__WORK REQUIRED__: The answer must be a single number: how many lines of the records below hold the word "arith".

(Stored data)
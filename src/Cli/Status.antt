-- ===== src/Cli/Status.antt =====
-- status.rs: the request to the admin API and how its answer is shown, and `parse_log_level` of
-- main.rs. What the server answers is an argument; a status is shown by its number alone.
pub mod Report
pub mod Admin
mod Tests
use loophole.Base.{
  ℕ, ◌/◌, ◌%◌, ◌||◌, Option, none, some, [], ◌∷◌, ◌++◌, Result, ok, err, eqb, ltb, leb, ◌&&◌, not,
  unwrap_or, if◌then◌else◌,
}
use loophole.Text.{Text, codes, starts_with, ◌==◌}
use loophole.Text.Numbers.{to_string}
use loophole.Text.Lines.{to_lowercase}
use loophole.Map.{Map}
use loophole.Server.Config.Defs.{Config, TokenConfig}
use loophole.Cli.Credentials.{ClientConfig, File, load}

unfoldable pub format_duration : ℕ → Text
format_duration secs =
    if ltb secs 60
    then to_string secs ++ codes "s"
    else if ltb secs 3600
    then (if eqb (secs % 60) 0
        then to_string (secs / 60) ++ codes "m"
        else to_string (secs / 60) ++ (codes "m " ++ (to_string (secs % 60) ++ codes "s")))
    else (if eqb (secs % 3600 / 60) 0
        then to_string (secs / 3600) ++ codes "h"
        else to_string (secs / 3600) ++ (codes "h " ++ (to_string (secs % 3600 / 60) ++ codes "m")))

unfoldable pub admin_url : Text → Text
admin_url server =
    if starts_with server (codes "https://") || starts_with server (codes "http://")
    then server ++ codes "/_admin/tunnels"
    else codes "https://" ++ (server ++ codes "/_admin/tunnels")

-- The first admin token, in the map's order.
unfoldable pub admin_token : Map TokenConfig → Option Text
admin_token [] = none
admin_token ((token, t) ∷ ts) = let later = admin_token ts in if t.admin then some token else later

-- The server and the token: those given, else those of the server's configuration, if it can be
-- loaded, else those of the client's.
unfoldable pub credentials :
    (Text → Option ClientConfig)
    → File
    → Option Config
    → Option Text
    → Option Text
    → Result Text (Text × Text)
credentials toml file server_config (some server) (some token) = ok (server, token)
credentials toml file (some config) server (some token) =
    ok (unwrap_or server (codes "https://" ++ config.server.domain), token)
credentials toml file (some config) server none = elim (admin_token config.tokens) [
  | none ↦ err (codes "No --token provided and no admin token found in server config")
  | some token ↦ ok (unwrap_or server (codes "https://" ++ config.server.domain), token)
]
credentials toml file none server token = elim (load toml file) [
  | err e ↦ err e
  | ok none ↦ err (codes "No --server/--token provided and no config found")
  | ok (some config) ↦ ok (unwrap_or server config.server, unwrap_or token config.token)
]

-- What the status of the answer means; `none` where its body is read.
unfoldable pub status_error : ℕ → Option Text
status_error status =
    if eqb status 401
    then some (codes "Invalid or non-admin token")
    else if eqb status 404
    then some (codes "Admin API not enabled on server")
    else if not (leb 200 status && leb status 299)
    then some (codes "Server returned error: " ++ to_string status)
    else none

pub data Level : Type 0 where
  trace debug info warn error : Level

unfoldable pub parse_log_level : Text → Level
parse_log_level s =
    let lower = to_lowercase s in
    if lower == codes "trace"
    then trace
    else if lower == codes "debug"
    then debug
    else if lower == codes "info"
    then info
    else if lower == codes "warn"
    then warn
    else if lower == codes "error"
    then error
    else info
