-- ===== src/Cli/Main.antt =====
-- main.rs: the commands with the defaults of their options, and what `main` calls. The parser of the
-- `clap` crate gives the options; the values of flags and numbers are read by it.
use loophole.Base.{ℕ, Bool, Option, unwrap_or}
use loophole.Text.{Text, codes}
use loophole.Setup.Template.{default_config_path}
use loophole.Cli.Status.{Level, parse_log_level}

-- The options of `expose`.
pub record ExposeOptions : Type 0 where
  pub server : Option Text
  pub token : Option Text
  pub subdomain : Option Text
  pub port : ℕ
  pub host : Text
  pub local_host : Option Text
  pub max_retries : ℕ
  pub forward_timeout : ℕ
  pub log_level : Text
  pub quiet : Bool
  pub qr : Bool

pub data Commands : Type 0 where
  init : Option Text → Option Text → Option Text → Bool → Commands
  server : Text → Text → Commands
  login test : Option Text → Option Text → Commands
  expose : ExposeOptions → Commands
  status : Option Text → Option Text → Text → Commands

-- A command line before the defaults: an option that is not given is `none`.
pub record GivenExpose : Type 0 where
  pub server : Option Text
  pub token : Option Text
  pub subdomain : Option Text
  pub port : Option ℕ
  pub host : Option Text
  pub local_host : Option Text
  pub max_retries : Option ℕ
  pub forward_timeout : Option ℕ
  pub log_level : Option Text
  pub quiet : Bool
  pub qr : Bool

pub data Given : Type 0 where
  given_init : Option Text → Option Text → Option Text → Bool → Given
  given_server : Option Text → Option Text → Given
  given_login given_test : Option Text → Option Text → Given
  given_expose : GivenExpose → Given
  given_status : Option Text → Option Text → Option Text → Given

unfoldable pub parse : Given → Commands
parse (given_init domain email output install) = init domain email output install
parse (given_server config log_level) =
    server (unwrap_or config default_config_path) (unwrap_or log_level (codes "info"))
parse (given_login s t) = login s t
parse (given_test s t) = test s t
parse (given_expose g) = expose (record {
  server = g.server;
  token = g.token;
  subdomain = g.subdomain;
  port = unwrap_or g.port 3000;
  host = unwrap_or g.host (codes "127.0.0.1");
  local_host = g.local_host;
  max_retries = unwrap_or g.max_retries 0;
  forward_timeout = unwrap_or g.forward_timeout 30;
  log_level = unwrap_or g.log_level (codes "info");
  quiet = g.quiet;
  qr = g.qr;
})
parse (given_status s t config) = status s t (unwrap_or config default_config_path)

-- The functions that the commands call.
pub record Handlers (R : Type 0) : Type 0 where
  pub init_run : Option Text → Option Text → Option Text → Bool → R
  pub server_run : Text → Level → R
  pub login_run : Option Text → Option Text → R
  pub test_run : Option Text → Option Text → R
  pub expose_run : ExposeOptions → Level → R
  pub status_run : Option Text → Option Text → Text → R

unfoldable pub main : {R : Type 0} → Handlers R → Commands → R
main h (init domain email output install) = h.init_run domain email output install
main h (server config log_level) = h.server_run config (parse_log_level log_level)
main h (login s t) = h.login_run s t
main h (test s t) = h.test_run s t
main h (expose options) = h.expose_run options (parse_log_level options.log_level)
main h (status s t config) = h.status_run s t config
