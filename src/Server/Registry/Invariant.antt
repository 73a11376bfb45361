-- ===== src/Server/Registry/Invariant.antt =====
-- What the registry promises: its operations as updates of a partial function from subdomains to
-- tunnels, and the invariant that every registered name is a label that is not reserved.
use loophole.Base.{
  ◌≡◌, refl, ◌↔◌, ◌∙◌, subst, true, false, ◌&&◌, none, some, [], ◌∷◌, is_ok, arith, is_some,
  Bool-cases, if◌then◌else◌, inl, inr,
}
use loophole.Text.{Text, mem, ◌==◌}
use loophole.Text.Laws.{eq_iff}
use loophole.Map
use loophole.Map.{map_laws, get-remove, Distinct, Distinct-insert, Distinct-remove}
use loophole.Server.Tunnel.{Tunnel}
use loophole.Server.Registry.Defs.{
  Registry, new, register, deregister, get, subdomains, reserved_names,
}
use loophole.Server.Registry.Validation.{IsLabel, validate_subdomain_iff}

-- `register` succeeds exactly for a label that is not reserved and not taken. Then it binds that
-- name to the tunnel; otherwise it changes no name.
pub register_lem :
    (r : Registry) (s : Text) (t : Tunnel)
    → ((is_ok (register r s t).1 ≡ true)
        ↔ (IsLabel s × (mem r.reserved s ≡ false) × (get r s ≡ none)))
      × ((j : Text)
          → get (register r s t).0 j
            ≡ (if is_ok (register r s t).1 && s == j then some t else get r j))
unfolding register get Map.contains_key
register_lem r s t = ((to, from), λ j. grind (arith, map_laws))
  where
    to : is_ok (register r s t).1 ≡ true → IsLabel s × (mem r.reserved s ≡ false) × (get r s ≡ none)
    to h = ((validate_subdomain_iff s).0 (ground arith), ground arith, ground arith)

    from :
        IsLabel s × (mem r.reserved s ≡ false) × (get r s ≡ none) → is_ok (register r s t).1 ≡ true
    from (v, free, vacant) = ground (arith, (validate_subdomain_iff s).1 v)

pub register-reserved :
    (r : Registry) (s : Text) (t : Tunnel) → (register r s t).0.reserved ≡ r.reserved
unfolding register
register-reserved r s t = ground arith

pub get-deregister :
    (r : Registry) (s j : Text) → get (deregister r s) j ≡ (if s == j then none else get r j)
unfolding deregister get
get-deregister r s j = get-remove r.tunnels s j

pub record IsSound (r : Registry) : Type 0 where
  pub reserved : r.reserved ≡ reserved_names
  pub distinct : Distinct (subdomains r)
  pub named :
      (k : Text) (t : Tunnel)
      → get r k ≡ some t
      → IsLabel k × (mem reserved_names k ≡ false) × (t.subdomain ≡ k)

pub new-IsSound : IsSound new
unfolding new get subdomains Map.get Map.keys
new-IsSound = record { reserved = refl; distinct = tt; named = λ k t h. cc }

register-Distinct :
    (r : Registry) (s : Text) (t : Tunnel)
    → Distinct (subdomains r)
    → Distinct (subdomains (register r s t).0)
unfolding register subdomains
register-Distinct r s t h = ground (arith, Distinct-insert r.tunnels s t h)

register-named :
    (r : Registry) (t : Tunnel) (k : Text) (u : Tunnel)
    → IsSound r
    → get (register r t.subdomain t).0 k ≡ some u
    → IsLabel k × (mem reserved_names k ≡ false) × (u.subdomain ≡ k)
register-named r t k u v h =
    let (accepted, found) = register_lem r t.subdomain t in
    elim (Bool-cases (is_ok (register r t.subdomain t).1 && t.subdomain == k)) [
      | inl fresh ↦
          let (label, free, vacant) = accepted.0 (ground arith) in
          let here : t.subdomain ≡ k = (eq_iff _ _).0 (ground arith) in
          let same : t ≡ u = ground (arith, found k) in
          (subst IsLabel here label, cc (here, free, v.reserved), cc (here, same))
      | inr old ↦ v.named k u (ground (arith, found k))
    ]

-- Registering a tunnel under its own subdomain, whatever the outcome, keeps every registered name a
-- label that is not reserved, bound to a tunnel of that name, and the names distinct.
pub register-IsSound :
    (r : Registry) (t : Tunnel) → IsSound r → IsSound (register r t.subdomain t).0
register-IsSound r t v = record {
  reserved = register-reserved r t.subdomain t ∙ v.reserved;
  distinct = register-Distinct r t.subdomain t v.distinct;
  named = λ k u h. register-named r t k u v h;
}

pub deregister-IsSound : (r : Registry) (s : Text) → IsSound r → IsSound (deregister r s)
unfolding deregister subdomains
deregister-IsSound r s v = record {
  reserved = v.reserved;
  distinct = Distinct-remove r.tunnels s v.distinct;
  named = λ k t h. v.named k t (ground (arith, get-deregister r s k));
}

keys-mem : (m : Map.Map Tunnel) (k : Text) → mem (Map.keys m) k ≡ is_some (Map.get m k)
unfolding mem Map.keys Map.get
keys-mem [] k = refl
keys-mem ((j, t) ∷ m) k = ground (arith, keys-mem m k)

-- The names that are listed for iteration are those that are registered.
pub mem-subdomains : (r : Registry) (k : Text) → mem (subdomains r) k ≡ is_some (get r k)
unfolding subdomains get
mem-subdomains r k = keys-mem r.tunnels k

__ANSWER BOX__: 12